* HOW TO COMPLETE THIS TASK
Throughout the listing that follows, find each line with the word "started" and copy it.

►

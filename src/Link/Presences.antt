-- ===== src/Link/Presences.antt =====
-- The presence of `LinkServer` is the link's, and what it says of a sender is endbotd's own.
use endbot.Prelude.{
  ◌≡◌, refl, sym, ap, subst, ◌∙◌, ◌⊎◌, inl, inr, ℕ, ◌+◌, Bool, true, not, Option, none, some, List,
  [], ◌∷◌, ◌++◌, String, ◌==◌, arith, leb, nat_eq, filter, length, contains, lookup, Json, Dict,
  as_list, as_str, get_json, invalid, unavailable, link_error, or_raise, raise_if, attempt_keeps,
  Bool-cases, Option-cases, Result-cases, raise_if_returned,
}
use endbot.Presence.{
  set_member, Presence, reset, apply, join, join_report, join_reports, player_record,
}
use endbot.Link.Server.{
  LinkServer, Peer, cli_peer, plugin_peer, no_presence, init, check_hello, accept_cli, take_link,
  is_link, open_peer, handshake, link_closed, cli_closed, stop, end_stop, report,
  max_cli_connections,
}

module _ (e : Option String) where
  HasEpoch : Presence → Type 0
  HasEpoch p = p.epoch ≡ e

  join_report-HasEpoch : (j : Json) (p : Presence) → HasEpoch p → HasEpoch (join_report j p).0
  unfolding HasEpoch join_report join
  join_report-HasEpoch j p h =
      attempt_keeps HasEpoch (player_record j (p.epoch, p.joins)) p _ h (λ r _. h)

  join_reports-HasEpoch :
      (js : List Json) (p : Presence) → HasEpoch p → HasEpoch (join_reports js p).0
  unfolding join_reports
  join_reports-HasEpoch [] p h = h
  join_reports-HasEpoch (j ∷ js) p h = elim (Result-cases (join_report j p).1) [
    | inr (_, r) ↦ rw (join_reports, r) (join_report-HasEpoch j p h)
    | inl (_, r) ↦
        rw (join_reports, r)
          (join_reports-HasEpoch js (join_report j p).0 (join_report-HasEpoch j p h))
  ]

  -- A report is about players only.
  apply-HasEpoch : (body : Dict Json) (p : Presence) → HasEpoch p → HasEpoch (apply body p).0
  unfolding apply HasEpoch
  apply-HasEpoch body p h =
      attempt_keeps HasEpoch (set_member (get_json "kind" body)) p _ h λ kind _.
        attempt_keeps HasEpoch
          (raise_if (not (contains kind ("snapshot" ∷ "join" ∷ "quit" ∷ "locale" ∷ []))) invalid) p
          _ h
          λ _ _. attempt_keeps HasEpoch (or_raise p.epoch unavailable) p _ h λ _ _.
            elim (Bool-cases (kind == "snapshot")) [
              | inl snapshot ↦ rw snapshot (
                  attempt_keeps HasEpoch (or_raise (as_list (get_json "players" body)) invalid) p _
                    h λ js _. join_reports-HasEpoch js (record p { players = [] }) h)
              | inr other ↦ rw other (elim (Bool-cases (kind == "join")) [
                | inl joins ↦ rw joins (join_report-HasEpoch (get_json "player" body) p h)
                | inr leaves ↦ rw leaves (
                    attempt_keeps HasEpoch (or_raise (as_str (get_json "playerId" body)) invalid) p
                      _ h
                      λ id _. elim (Bool-cases (kind == "quit")) [
                        | inl quits ↦ rw quits h
                        | inr speaks ↦ rw speaks (elim (Option-cases (lookup id p.players)) [
                          | inl absent ↦ rw absent h
                          | inr (r, found) ↦ rw found h
                        ])
                      ])
              ])
            ]

-- Without a link a report raises and changes nothing.
apply-no_presence : (body : Dict Json) → (apply body no_presence).0 ≡ no_presence
unfolding apply
apply-no_presence body =
    attempt_keeps (λ p. p ≡ no_presence) (set_member (get_json "kind" body)) no_presence _ refl
      λ kind _.
        attempt_keeps (λ p. p ≡ no_presence)
          (raise_if (not (contains kind ("snapshot" ∷ "join" ∷ "quit" ∷ "locale" ∷ []))) invalid)
          no_presence _ refl λ _ _. refl

-- A server with a link has its epoch, one without that has not stopped has no presence at all; few CLI connections are
-- open.
pub record IsCoherent (s : LinkServer) : Type 0 where
  pub linked :
      ((s.link ≡ none) × (s.presence ≡ no_presence))
      ⊎ ((s.link ≡ none) × (s.stopped ≡ true))
      ⊎ ((n : ℕ) × (epoch : String) × (s.link ≡ some n) × (s.presence.epoch ≡ some epoch))
  pub bounded : leb (length s.cli) max_cli_connections ≡ true

report-IsCoherent :
    (body : Dict Json) (s : LinkServer) → IsCoherent s → IsCoherent (report body s).0
unfolding report HasEpoch
report-IsCoherent body s h = record {
  linked = elim h.linked [
    | inl (no_link, empty) ↦
        inl (no_link, ap (λ p. (apply body p).0) empty ∙ apply-no_presence body)
    | inr (inl stopping) ↦ inr (inl stopping)
    | inr (inr (n, epoch, current, e)) ↦
        inr (inr (n, epoch, current, apply-HasEpoch (some epoch) body s.presence e))
  ];
  bounded = h.bounded;
}

take_link-IsCoherent :
    (epoch : String) (s : LinkServer) → IsCoherent s → IsCoherent (take_link epoch s).0
unfolding take_link reset
take_link-IsCoherent epoch s h = elim (Bool-cases s.stopped) [
  | inl stopped ↦ subst IsCoherent (sym (rw (take_link, stopped))) h
  | inr runs ↦
      rw (take_link, runs)
        (record { linked = inr (inr (s.opened, epoch, refl, refl)); bounded = h.bounded })
]

length-snoc : (ns : List ℕ) (n : ℕ) → length (ns ++ n ∷ []) ≡ length ns + 1
length-snoc [] n = omega arith
length-snoc (m ∷ ns) n = ground (arith, length-snoc ns n)

accept_cli-IsCoherent : (s : LinkServer) → IsCoherent s → IsCoherent (accept_cli s).0
unfolding accept_cli
accept_cli-IsCoherent s h = attempt_keeps IsCoherent (raise_if s.stopped unavailable) s _ h λ _ _.
    attempt_keeps IsCoherent (raise_if (leb max_cli_connections (length s.cli)) (link_error "busy"))
      s _ h
      λ _ room. record {
        linked = h.linked;
        bounded = ground (arith, length-snoc s.cli s.opened, raise_if_returned _ _ room);
      }

open_peer-IsCoherent :
    (peer : Peer) (s : LinkServer) → IsCoherent s → IsCoherent (open_peer peer s).0
unfolding open_peer
open_peer-IsCoherent cli_peer s h = accept_cli-IsCoherent s h
open_peer-IsCoherent (plugin_peer epoch) s h = take_link-IsCoherent epoch s h

handshake-IsCoherent :
    (message : Dict Json) (s : LinkServer) → IsCoherent s → IsCoherent (handshake message s).0
unfolding handshake
handshake-IsCoherent message s h =
    attempt_keeps IsCoherent (check_hello s message) s _ h (λ peer _. open_peer-IsCoherent peer s h)

link_closed-IsCoherent : (n : ℕ) (s : LinkServer) → IsCoherent s → IsCoherent (link_closed n s)
unfolding link_closed reset
link_closed-IsCoherent n s h = elim (Bool-cases (is_link n s.link)) [
  | inl same ↦ rw (link_closed, same) (record { linked = inl (refl, refl); bounded = h.bounded })
  | inr other ↦ subst IsCoherent (sym (rw (link_closed, other))) h
]

length-filter :
    (n : ℕ) (ns : List ℕ) → leb (length (filter (λ m. not (nat_eq m n)) ns)) (length ns) ≡ true
length-filter n [] = ground arith
length-filter n (m ∷ ns) = ground (arith, length-filter n ns)

cli_closed-IsCoherent : (n : ℕ) (s : LinkServer) → IsCoherent s → IsCoherent (cli_closed n s)
unfolding cli_closed
cli_closed-IsCoherent n s h = record {
  linked = h.linked;
  bounded = ground (arith, h.bounded, length-filter n s.cli);
}

-- What happens to a server: handshakes, reports of any connection's handler, closed connections, the stop and, at
-- any time after it, its last statement.
pub data Step : LinkServer → LinkServer → Type 0 where
  greeted : (message : Dict Json) (s : LinkServer) → Step s (handshake message s).0
  reported : (body : Dict Json) (s : LinkServer) → Step s (report body s).0
  lost_link : (n : ℕ) (s : LinkServer) → Step s (link_closed n s)
  lost_cli : (n : ℕ) (s : LinkServer) → Step s (cli_closed n s)
  stopping : (s : LinkServer) → Step s (stop s)
  ended : (s : LinkServer) → s.stopped ≡ true → s.link ≡ none → Step s (end_stop s)

pub data Steps : LinkServer → LinkServer → Type 0 where
  done : (s : LinkServer) → Steps s s
  then_step : {s t u : LinkServer} → Steps s t → Step t u → Steps s u

Step-IsCoherent : {s t : LinkServer} → Step s t → IsCoherent s → IsCoherent t
unfolding stop end_stop reset
Step-IsCoherent (greeted message s) h = handshake-IsCoherent message s h
Step-IsCoherent (reported body s) h = report-IsCoherent body s h
Step-IsCoherent (lost_link n s) h = link_closed-IsCoherent n s h
Step-IsCoherent (lost_cli n s) h = cli_closed-IsCoherent n s h
Step-IsCoherent (stopping s) h = record { linked = inr (inl (refl, refl)); bounded = ground arith }
Step-IsCoherent (ended s _ unlinked) h = record {
  linked = inl (unlinked, refl);
  bounded = h.bounded;
}

started : (token registry : String) (takes_cli : Bool) → IsCoherent (init token registry takes_cli)
unfolding init
started token registry takes_cli = record { linked = inl (refl, refl); bounded = ground arith }

followed : {s t : LinkServer} → Steps s t → IsCoherent s → IsCoherent t
followed (done s) h = h
followed (then_step r q) h = Step-IsCoherent q (followed r h)

-- In every state that a server comes to from its start: with a link its presence has an epoch, without one its
-- presence is empty and has no epoch unless the server has stopped, and at most 4 CLI connections are open.
pub Steps-IsCoherent :
    {s : LinkServer} (token registry : String) (takes_cli : Bool)
    → Steps (init token registry takes_cli) s
    → IsCoherent s
Steps-IsCoherent token registry takes_cli r = followed r (started token registry takes_cli)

◄

* SOLUTION BELOW
started : (token registry : String) (takes_cli : Bool) → IsCoherent (init token registry takes_cli)
started token registry takes_cli = record { linked = inl (refl, refl); bounded = ground arith }
Steps-IsCoherent token registry takes_cli r = followed r (started token registry takes_cli)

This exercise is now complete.